Start of AVAILABLE DATA

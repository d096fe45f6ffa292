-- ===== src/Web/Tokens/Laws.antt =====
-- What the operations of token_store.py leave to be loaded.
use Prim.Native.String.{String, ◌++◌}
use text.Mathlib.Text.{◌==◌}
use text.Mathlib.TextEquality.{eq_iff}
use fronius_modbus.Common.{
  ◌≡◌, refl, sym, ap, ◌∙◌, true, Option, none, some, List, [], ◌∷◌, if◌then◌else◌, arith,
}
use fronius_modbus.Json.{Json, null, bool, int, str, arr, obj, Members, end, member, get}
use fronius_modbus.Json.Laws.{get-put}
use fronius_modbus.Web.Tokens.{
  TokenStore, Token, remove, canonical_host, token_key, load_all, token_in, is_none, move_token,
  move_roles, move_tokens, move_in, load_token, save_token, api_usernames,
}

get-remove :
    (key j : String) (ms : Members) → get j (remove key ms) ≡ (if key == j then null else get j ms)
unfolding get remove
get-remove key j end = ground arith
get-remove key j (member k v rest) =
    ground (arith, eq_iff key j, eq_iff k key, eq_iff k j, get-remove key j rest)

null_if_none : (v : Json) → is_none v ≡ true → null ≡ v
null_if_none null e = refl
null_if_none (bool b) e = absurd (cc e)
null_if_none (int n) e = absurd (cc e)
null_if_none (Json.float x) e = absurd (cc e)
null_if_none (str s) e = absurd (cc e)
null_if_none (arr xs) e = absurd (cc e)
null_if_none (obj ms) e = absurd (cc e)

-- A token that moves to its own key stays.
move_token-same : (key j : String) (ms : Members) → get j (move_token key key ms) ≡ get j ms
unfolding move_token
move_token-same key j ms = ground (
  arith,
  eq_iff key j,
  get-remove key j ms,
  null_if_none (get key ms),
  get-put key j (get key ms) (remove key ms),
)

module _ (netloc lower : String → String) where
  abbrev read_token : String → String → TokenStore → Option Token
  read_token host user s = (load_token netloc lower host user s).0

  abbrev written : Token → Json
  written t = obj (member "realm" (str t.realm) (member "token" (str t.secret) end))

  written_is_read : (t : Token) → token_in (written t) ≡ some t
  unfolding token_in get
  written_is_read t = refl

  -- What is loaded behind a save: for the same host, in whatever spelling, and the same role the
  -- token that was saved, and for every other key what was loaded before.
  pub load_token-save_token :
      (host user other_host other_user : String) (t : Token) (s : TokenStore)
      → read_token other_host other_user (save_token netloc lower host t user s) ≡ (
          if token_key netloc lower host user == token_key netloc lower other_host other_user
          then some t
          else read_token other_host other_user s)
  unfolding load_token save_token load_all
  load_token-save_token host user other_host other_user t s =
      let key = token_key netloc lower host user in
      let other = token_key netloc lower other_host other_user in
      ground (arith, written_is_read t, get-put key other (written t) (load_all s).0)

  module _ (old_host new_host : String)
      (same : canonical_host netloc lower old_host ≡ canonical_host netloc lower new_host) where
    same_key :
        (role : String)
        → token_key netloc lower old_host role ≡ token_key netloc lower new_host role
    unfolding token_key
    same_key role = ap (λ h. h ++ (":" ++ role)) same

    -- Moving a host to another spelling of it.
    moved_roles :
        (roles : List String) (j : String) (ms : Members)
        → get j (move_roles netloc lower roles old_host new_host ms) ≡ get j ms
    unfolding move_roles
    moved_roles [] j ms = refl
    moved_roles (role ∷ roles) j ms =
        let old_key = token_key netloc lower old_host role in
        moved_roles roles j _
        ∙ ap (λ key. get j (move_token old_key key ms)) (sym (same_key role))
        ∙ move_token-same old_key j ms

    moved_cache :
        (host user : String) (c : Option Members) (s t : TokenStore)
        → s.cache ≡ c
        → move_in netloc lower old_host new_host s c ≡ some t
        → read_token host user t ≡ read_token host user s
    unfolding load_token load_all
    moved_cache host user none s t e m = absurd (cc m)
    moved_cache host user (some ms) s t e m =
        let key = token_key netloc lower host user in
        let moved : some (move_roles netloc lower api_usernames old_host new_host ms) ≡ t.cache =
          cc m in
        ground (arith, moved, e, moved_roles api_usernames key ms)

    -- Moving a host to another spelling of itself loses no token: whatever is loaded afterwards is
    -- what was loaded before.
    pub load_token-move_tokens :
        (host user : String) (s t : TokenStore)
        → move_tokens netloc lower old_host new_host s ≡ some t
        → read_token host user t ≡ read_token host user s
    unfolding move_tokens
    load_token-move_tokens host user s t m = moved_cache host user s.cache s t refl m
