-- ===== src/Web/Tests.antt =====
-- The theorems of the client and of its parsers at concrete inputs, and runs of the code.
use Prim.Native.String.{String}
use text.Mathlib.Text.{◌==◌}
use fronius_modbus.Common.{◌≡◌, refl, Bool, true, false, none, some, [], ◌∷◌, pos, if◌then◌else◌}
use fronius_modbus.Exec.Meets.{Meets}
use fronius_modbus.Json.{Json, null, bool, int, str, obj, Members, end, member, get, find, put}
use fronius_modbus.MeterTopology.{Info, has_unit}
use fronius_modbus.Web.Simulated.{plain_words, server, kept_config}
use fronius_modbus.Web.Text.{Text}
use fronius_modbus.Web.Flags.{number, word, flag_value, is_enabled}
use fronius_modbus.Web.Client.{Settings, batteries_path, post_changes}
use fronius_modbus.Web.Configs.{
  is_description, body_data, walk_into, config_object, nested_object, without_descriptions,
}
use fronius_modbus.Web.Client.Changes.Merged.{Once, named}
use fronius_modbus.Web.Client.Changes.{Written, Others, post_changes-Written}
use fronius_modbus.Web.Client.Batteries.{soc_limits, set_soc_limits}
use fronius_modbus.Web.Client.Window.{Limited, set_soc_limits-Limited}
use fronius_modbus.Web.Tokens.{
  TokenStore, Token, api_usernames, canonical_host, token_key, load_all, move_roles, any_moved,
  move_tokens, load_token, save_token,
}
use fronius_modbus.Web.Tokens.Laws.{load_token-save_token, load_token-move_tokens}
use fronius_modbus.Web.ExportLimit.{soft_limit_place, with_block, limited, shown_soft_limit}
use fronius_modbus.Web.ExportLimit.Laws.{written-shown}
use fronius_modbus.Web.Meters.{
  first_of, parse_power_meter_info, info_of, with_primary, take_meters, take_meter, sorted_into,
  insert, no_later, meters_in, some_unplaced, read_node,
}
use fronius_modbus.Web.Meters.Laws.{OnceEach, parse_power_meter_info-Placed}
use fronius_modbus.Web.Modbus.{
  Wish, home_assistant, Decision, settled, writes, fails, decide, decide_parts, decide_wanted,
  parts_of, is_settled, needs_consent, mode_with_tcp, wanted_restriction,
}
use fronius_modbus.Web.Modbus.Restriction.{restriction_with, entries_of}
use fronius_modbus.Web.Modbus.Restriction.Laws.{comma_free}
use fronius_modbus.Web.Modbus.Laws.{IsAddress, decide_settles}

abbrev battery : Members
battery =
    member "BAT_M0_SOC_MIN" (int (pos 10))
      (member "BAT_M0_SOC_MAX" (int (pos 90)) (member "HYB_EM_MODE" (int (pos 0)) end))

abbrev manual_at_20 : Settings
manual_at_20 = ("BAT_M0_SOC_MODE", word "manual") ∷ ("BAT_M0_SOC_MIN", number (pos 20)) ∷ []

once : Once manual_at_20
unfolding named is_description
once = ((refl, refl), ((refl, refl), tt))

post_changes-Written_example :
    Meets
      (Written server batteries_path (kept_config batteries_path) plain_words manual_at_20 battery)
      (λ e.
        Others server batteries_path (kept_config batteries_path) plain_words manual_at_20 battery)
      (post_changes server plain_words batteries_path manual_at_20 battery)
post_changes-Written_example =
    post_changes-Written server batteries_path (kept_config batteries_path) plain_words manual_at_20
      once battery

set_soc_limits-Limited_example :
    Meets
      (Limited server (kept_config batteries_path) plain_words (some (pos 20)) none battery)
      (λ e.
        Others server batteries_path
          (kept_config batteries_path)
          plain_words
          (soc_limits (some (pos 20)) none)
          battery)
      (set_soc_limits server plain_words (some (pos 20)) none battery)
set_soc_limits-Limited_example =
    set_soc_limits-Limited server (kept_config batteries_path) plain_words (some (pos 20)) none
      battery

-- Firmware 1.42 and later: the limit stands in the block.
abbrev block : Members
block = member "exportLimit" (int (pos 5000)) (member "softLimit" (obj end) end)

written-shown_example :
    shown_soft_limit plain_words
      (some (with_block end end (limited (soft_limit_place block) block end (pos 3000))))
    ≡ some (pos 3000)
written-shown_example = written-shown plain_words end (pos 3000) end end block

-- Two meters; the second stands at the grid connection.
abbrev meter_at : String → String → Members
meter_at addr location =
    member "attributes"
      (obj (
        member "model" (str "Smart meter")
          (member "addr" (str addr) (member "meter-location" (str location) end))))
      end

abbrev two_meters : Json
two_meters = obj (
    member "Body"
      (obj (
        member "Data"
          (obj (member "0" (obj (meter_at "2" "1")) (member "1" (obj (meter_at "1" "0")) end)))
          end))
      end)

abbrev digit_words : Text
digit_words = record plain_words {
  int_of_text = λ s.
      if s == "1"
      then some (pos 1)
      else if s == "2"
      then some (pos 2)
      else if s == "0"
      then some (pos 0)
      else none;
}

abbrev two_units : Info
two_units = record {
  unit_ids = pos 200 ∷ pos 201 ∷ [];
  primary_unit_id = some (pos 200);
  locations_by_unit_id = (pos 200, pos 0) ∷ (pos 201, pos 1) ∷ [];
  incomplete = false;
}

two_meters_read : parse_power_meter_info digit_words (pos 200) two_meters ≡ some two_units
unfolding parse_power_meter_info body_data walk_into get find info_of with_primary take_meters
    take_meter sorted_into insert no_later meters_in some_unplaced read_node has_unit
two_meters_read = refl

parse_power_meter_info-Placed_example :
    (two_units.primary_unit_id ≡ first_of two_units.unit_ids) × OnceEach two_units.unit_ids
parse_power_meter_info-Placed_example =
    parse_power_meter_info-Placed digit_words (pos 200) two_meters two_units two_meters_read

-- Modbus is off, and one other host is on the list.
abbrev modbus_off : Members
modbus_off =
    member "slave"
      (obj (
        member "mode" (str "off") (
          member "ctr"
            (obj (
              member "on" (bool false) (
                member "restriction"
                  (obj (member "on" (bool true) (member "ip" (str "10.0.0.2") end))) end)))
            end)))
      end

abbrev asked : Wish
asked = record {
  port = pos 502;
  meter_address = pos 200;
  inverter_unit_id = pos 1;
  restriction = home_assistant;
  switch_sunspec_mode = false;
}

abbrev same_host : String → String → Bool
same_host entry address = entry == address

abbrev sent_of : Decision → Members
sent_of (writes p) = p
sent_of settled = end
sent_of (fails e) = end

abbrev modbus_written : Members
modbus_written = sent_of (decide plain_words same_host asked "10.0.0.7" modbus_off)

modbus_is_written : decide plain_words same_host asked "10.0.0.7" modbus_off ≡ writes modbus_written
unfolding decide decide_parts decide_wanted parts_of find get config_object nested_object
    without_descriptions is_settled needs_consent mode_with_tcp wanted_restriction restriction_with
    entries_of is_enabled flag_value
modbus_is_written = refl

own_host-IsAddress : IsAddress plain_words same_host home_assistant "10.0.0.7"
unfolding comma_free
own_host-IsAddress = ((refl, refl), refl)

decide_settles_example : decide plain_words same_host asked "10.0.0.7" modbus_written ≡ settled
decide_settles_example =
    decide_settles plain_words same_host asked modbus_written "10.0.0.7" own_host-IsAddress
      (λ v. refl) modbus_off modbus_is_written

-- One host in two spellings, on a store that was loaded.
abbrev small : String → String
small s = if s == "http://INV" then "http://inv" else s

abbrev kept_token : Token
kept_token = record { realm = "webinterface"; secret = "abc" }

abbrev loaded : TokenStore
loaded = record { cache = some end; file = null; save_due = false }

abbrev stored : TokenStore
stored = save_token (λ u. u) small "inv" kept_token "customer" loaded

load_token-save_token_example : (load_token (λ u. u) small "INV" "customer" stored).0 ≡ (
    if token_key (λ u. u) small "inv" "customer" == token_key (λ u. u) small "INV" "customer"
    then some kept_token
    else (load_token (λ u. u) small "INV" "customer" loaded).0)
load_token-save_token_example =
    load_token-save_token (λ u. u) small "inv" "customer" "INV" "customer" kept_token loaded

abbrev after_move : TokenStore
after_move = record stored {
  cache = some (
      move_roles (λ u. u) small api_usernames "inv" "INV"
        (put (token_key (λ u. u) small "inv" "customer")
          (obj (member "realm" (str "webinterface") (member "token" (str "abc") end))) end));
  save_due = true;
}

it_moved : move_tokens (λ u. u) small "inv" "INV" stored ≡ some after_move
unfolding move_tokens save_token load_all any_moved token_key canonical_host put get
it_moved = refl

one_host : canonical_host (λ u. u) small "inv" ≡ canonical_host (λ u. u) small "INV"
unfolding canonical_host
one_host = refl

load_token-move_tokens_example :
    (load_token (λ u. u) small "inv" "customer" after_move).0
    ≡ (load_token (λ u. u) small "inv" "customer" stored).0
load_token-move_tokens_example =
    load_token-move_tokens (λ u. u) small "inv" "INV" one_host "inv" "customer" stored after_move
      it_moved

End of AVAILABLE DATA

* [PROBLEM TO WORK ON]
Give only the count of lines in the listing that contain the string "named".

* [RESPONSE]
2